WHAT IS BEING ASKED » Find where "StringBuffer → RegexArgument Regex → NsRange → Outcome (Bool" appears in the records below, then return that line and every later line exactly, stopping only at the last line.

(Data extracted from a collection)
>>>

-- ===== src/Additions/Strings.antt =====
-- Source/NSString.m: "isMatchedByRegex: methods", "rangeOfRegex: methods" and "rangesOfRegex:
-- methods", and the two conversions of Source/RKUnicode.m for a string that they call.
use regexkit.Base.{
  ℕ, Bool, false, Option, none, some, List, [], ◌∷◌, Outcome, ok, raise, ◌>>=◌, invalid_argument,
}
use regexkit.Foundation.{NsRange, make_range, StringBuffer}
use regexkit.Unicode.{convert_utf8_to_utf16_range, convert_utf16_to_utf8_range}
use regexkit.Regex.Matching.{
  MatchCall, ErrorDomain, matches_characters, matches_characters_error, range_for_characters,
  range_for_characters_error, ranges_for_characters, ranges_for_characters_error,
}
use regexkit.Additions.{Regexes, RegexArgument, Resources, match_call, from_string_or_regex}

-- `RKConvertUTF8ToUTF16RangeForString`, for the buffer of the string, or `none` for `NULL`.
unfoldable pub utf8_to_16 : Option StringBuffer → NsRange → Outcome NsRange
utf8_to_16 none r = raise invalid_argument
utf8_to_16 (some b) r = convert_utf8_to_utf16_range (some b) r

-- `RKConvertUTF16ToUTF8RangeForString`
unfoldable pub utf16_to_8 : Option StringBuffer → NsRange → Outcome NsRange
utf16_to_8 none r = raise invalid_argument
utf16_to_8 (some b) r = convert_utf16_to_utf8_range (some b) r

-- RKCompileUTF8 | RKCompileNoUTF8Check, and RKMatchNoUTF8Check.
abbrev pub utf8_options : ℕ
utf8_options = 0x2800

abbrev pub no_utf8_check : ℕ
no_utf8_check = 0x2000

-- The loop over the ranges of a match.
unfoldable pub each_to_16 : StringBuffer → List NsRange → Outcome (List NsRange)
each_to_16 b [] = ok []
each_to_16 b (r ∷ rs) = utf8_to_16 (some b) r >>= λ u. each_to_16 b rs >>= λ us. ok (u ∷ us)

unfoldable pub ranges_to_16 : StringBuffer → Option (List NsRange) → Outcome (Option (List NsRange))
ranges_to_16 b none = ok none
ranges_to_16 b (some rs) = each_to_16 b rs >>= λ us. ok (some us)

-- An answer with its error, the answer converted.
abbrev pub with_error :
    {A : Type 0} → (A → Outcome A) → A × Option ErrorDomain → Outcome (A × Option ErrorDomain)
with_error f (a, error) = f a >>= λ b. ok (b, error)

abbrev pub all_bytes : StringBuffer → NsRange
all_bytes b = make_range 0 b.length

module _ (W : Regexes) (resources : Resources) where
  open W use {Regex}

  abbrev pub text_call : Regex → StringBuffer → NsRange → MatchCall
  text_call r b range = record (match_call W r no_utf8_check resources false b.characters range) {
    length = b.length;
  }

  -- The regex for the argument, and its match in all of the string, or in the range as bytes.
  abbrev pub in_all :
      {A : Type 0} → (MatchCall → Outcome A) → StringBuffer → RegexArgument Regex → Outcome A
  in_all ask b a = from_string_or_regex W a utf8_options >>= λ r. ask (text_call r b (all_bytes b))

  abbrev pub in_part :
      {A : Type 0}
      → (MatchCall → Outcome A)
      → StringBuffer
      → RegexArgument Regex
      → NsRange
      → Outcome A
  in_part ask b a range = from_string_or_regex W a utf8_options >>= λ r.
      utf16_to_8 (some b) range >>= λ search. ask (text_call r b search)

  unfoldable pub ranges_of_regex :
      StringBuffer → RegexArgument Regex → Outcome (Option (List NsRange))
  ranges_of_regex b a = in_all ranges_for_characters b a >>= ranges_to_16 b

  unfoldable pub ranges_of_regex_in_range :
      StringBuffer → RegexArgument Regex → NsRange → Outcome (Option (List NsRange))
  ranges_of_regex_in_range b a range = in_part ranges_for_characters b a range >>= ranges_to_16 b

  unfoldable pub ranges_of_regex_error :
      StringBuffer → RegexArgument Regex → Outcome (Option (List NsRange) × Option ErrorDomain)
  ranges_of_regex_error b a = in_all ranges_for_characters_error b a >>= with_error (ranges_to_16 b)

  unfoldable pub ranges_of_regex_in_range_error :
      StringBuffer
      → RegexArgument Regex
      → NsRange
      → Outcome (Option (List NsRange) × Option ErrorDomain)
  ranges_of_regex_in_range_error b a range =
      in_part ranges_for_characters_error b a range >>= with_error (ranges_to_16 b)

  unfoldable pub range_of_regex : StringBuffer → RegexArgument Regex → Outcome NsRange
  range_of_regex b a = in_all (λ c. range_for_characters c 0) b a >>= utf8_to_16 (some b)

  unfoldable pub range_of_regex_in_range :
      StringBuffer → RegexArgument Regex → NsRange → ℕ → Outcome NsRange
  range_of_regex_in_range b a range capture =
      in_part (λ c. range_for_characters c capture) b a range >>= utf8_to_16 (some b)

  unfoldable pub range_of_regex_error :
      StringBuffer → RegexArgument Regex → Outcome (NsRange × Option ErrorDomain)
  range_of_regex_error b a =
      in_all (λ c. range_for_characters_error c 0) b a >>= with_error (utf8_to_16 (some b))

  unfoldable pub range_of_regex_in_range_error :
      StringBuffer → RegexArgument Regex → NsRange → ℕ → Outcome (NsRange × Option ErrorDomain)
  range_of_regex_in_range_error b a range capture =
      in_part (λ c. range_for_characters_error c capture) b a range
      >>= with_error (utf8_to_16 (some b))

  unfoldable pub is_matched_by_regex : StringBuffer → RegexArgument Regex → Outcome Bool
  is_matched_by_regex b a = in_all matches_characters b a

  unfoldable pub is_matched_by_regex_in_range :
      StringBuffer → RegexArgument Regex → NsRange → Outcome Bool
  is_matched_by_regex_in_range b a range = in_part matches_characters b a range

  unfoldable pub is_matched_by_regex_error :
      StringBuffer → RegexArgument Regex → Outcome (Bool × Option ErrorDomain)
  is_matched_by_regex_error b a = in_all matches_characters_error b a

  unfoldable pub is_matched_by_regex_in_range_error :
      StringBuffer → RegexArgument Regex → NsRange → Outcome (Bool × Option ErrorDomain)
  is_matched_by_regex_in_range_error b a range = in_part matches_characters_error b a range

<<<

EXERCISE RESPONSE »
      StringBuffer → RegexArgument Regex → NsRange → Outcome (Bool × Option ErrorDomain)
  is_matched_by_regex_in_range_error b a range = in_part matches_characters_error b a range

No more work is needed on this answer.